# Instructions for the task
Where does the word "calls" show up in the records? Copy every line that has it.

# Provided data
━━━━━━

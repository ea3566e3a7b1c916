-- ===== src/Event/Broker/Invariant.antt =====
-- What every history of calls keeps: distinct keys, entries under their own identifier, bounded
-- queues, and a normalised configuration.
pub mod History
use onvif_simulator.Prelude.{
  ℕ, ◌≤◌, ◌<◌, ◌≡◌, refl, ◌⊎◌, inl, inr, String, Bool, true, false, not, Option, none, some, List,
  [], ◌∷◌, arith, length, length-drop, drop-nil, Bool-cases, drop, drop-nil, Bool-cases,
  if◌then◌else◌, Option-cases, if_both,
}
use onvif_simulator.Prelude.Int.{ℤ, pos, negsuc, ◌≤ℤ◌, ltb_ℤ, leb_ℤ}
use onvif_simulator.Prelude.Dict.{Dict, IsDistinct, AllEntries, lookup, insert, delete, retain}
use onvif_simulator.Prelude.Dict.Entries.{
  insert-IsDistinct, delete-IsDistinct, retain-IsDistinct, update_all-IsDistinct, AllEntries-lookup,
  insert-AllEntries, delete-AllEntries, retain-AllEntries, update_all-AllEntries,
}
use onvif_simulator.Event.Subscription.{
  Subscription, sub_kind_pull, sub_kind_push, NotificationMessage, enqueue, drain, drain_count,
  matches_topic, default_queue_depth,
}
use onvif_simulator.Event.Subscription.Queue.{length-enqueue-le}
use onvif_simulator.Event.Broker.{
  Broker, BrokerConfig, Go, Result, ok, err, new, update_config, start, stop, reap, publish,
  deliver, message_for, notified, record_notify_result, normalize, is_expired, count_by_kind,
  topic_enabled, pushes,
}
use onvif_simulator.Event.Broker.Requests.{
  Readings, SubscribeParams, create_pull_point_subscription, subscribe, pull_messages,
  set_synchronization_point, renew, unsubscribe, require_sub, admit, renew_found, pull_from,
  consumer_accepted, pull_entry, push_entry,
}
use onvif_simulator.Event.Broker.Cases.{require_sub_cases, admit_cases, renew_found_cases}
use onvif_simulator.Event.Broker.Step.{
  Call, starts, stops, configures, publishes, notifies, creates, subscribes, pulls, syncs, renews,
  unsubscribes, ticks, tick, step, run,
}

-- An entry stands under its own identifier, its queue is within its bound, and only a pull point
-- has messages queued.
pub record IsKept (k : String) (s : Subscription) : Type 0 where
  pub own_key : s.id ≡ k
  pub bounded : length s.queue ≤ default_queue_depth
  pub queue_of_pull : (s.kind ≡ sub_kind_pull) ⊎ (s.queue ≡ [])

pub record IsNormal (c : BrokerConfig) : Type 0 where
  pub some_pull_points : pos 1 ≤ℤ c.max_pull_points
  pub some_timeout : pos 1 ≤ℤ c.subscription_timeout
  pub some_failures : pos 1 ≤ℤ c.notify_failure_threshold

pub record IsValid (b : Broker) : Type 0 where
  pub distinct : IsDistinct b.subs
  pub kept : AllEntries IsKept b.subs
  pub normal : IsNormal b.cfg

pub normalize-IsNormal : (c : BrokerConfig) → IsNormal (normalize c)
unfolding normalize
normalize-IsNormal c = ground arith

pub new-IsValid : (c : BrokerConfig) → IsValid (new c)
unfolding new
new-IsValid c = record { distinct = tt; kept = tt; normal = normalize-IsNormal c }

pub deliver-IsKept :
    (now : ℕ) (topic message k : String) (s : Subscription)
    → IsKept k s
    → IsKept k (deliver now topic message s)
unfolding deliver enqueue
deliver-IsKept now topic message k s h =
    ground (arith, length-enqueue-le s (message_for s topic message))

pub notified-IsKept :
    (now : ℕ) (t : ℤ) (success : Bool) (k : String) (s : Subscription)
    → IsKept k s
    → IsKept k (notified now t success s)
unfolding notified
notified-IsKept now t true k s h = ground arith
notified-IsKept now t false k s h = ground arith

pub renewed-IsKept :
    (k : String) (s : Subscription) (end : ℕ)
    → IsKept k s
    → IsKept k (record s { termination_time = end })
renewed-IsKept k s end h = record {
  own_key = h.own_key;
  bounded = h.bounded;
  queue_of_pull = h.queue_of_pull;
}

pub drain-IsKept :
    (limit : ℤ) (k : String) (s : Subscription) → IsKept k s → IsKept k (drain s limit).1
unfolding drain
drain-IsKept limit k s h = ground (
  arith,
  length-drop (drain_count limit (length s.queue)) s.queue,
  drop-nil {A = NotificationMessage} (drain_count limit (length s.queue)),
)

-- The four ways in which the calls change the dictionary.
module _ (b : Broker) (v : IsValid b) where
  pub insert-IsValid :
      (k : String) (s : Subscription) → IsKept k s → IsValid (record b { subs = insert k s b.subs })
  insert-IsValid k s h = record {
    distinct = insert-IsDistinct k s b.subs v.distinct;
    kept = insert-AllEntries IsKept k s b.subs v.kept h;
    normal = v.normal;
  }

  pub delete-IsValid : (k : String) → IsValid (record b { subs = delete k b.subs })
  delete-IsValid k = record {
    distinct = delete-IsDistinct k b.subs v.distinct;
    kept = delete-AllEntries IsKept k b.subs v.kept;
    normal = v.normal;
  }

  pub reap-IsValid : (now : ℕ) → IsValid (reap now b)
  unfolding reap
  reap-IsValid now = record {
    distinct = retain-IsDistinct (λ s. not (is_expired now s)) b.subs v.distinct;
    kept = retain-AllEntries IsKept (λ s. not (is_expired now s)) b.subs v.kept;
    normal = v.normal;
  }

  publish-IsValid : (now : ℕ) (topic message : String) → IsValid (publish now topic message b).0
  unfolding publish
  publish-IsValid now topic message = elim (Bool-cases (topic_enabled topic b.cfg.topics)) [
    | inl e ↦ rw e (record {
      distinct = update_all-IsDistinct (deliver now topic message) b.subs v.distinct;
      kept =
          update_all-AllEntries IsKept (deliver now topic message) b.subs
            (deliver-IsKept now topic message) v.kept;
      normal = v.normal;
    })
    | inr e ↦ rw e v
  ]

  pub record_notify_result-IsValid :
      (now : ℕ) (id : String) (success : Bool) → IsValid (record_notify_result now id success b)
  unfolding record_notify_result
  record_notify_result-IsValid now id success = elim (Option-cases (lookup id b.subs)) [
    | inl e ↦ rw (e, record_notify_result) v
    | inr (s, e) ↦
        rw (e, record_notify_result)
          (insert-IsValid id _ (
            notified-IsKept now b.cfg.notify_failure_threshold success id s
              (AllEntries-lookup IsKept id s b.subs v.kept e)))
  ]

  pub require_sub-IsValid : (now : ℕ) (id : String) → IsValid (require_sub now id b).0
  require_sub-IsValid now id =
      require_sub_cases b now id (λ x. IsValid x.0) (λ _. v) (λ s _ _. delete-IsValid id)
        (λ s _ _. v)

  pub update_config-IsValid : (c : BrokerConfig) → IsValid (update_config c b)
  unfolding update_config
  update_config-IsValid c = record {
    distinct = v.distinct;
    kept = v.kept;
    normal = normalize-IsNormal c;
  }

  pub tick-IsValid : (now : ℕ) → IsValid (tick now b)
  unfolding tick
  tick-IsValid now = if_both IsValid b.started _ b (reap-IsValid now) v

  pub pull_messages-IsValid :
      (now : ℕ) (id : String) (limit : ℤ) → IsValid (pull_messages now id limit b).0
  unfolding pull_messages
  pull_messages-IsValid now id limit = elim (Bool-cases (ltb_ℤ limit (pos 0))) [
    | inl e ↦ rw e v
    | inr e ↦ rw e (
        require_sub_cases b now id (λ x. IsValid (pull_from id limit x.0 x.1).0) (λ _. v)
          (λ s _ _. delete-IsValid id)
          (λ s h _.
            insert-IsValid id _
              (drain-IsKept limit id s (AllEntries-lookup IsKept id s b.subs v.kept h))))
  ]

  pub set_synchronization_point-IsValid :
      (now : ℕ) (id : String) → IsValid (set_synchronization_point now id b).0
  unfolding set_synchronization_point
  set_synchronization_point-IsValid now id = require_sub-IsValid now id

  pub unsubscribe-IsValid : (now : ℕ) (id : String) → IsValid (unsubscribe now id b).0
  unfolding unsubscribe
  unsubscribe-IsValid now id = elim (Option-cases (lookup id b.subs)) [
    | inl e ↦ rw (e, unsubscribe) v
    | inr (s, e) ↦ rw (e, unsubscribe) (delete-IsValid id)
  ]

━━━━━━

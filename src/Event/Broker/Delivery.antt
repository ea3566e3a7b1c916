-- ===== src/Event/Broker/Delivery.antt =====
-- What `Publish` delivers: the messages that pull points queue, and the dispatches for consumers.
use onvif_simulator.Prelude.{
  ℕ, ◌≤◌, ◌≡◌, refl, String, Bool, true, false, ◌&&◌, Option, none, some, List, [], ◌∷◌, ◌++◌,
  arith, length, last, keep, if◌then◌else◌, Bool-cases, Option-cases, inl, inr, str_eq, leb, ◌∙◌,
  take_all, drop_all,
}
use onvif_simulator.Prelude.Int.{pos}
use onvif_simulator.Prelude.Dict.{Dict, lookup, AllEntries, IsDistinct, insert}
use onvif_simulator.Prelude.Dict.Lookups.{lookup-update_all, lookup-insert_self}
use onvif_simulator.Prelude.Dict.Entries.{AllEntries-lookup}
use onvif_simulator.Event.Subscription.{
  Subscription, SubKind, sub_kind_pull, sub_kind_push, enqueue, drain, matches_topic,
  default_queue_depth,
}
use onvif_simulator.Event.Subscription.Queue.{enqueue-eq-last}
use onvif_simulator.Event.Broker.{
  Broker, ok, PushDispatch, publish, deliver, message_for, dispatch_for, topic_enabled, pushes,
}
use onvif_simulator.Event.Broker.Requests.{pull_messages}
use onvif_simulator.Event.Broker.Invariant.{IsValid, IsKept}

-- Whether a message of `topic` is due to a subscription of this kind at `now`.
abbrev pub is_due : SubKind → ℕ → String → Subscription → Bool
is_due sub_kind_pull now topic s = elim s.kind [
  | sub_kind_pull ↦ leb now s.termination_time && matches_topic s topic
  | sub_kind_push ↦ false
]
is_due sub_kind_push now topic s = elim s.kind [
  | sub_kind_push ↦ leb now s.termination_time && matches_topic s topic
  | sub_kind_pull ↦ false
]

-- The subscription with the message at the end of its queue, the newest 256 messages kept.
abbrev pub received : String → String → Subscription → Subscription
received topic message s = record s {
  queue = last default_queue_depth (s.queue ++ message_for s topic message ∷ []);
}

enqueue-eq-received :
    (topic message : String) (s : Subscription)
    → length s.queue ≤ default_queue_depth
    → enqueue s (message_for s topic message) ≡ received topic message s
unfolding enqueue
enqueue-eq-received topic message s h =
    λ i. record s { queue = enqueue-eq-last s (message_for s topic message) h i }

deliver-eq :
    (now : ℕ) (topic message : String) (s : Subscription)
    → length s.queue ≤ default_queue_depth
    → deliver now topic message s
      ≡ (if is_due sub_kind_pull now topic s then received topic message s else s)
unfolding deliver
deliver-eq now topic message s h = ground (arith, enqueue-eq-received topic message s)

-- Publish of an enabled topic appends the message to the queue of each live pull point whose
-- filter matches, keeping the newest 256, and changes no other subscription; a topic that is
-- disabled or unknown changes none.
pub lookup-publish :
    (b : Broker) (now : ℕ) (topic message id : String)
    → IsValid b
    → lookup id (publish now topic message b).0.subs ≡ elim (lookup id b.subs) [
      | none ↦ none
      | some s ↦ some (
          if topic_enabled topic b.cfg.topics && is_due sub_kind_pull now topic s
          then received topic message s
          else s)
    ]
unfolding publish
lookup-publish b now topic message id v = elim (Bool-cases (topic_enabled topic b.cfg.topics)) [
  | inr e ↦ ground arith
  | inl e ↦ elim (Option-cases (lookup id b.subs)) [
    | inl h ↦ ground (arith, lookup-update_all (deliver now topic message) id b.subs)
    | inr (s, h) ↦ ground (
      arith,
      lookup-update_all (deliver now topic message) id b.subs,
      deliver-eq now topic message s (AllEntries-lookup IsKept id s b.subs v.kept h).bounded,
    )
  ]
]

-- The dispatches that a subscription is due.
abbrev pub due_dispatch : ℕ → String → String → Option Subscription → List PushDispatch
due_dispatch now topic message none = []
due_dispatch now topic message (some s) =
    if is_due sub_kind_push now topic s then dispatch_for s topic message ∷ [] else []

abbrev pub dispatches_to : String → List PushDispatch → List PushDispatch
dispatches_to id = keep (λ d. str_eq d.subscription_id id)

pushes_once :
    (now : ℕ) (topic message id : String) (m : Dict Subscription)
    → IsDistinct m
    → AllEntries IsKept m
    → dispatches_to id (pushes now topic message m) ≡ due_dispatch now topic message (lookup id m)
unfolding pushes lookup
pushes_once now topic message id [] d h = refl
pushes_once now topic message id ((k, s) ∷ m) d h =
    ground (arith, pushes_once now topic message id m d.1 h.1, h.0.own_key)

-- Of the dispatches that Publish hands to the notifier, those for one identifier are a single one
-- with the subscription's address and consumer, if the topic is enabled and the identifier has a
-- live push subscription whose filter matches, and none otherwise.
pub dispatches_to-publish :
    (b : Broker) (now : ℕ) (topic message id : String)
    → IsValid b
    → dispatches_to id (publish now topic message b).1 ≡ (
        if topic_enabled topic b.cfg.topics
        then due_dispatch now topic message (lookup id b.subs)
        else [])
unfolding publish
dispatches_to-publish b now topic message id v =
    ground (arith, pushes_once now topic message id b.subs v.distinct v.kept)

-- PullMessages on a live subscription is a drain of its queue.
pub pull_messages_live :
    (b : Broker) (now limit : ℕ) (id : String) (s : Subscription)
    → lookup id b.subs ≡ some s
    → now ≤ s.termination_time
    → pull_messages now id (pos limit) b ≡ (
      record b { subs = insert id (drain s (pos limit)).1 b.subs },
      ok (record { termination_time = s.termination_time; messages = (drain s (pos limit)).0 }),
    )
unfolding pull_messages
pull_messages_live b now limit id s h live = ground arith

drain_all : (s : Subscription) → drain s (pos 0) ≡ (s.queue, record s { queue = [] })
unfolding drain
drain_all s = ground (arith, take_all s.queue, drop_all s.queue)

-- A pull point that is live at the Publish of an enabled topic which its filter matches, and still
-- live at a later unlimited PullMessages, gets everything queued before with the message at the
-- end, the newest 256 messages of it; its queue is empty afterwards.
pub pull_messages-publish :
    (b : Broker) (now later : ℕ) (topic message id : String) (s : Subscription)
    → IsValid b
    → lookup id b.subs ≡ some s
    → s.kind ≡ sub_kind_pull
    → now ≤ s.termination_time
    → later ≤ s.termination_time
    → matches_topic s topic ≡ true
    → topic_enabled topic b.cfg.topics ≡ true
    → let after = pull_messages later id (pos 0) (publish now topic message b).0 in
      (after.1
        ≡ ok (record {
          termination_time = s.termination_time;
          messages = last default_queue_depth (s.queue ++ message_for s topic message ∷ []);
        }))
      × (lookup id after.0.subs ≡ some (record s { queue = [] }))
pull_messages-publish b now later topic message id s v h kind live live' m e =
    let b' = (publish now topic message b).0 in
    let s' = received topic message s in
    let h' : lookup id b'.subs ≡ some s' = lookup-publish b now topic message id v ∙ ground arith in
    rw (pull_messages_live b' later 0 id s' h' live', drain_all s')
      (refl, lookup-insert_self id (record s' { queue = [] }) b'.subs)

━━━━━━

# Exercise solution
-- What every history of calls keeps: distinct keys, entries under their own identifier, bounded
-- The four ways in which the calls change the dictionary.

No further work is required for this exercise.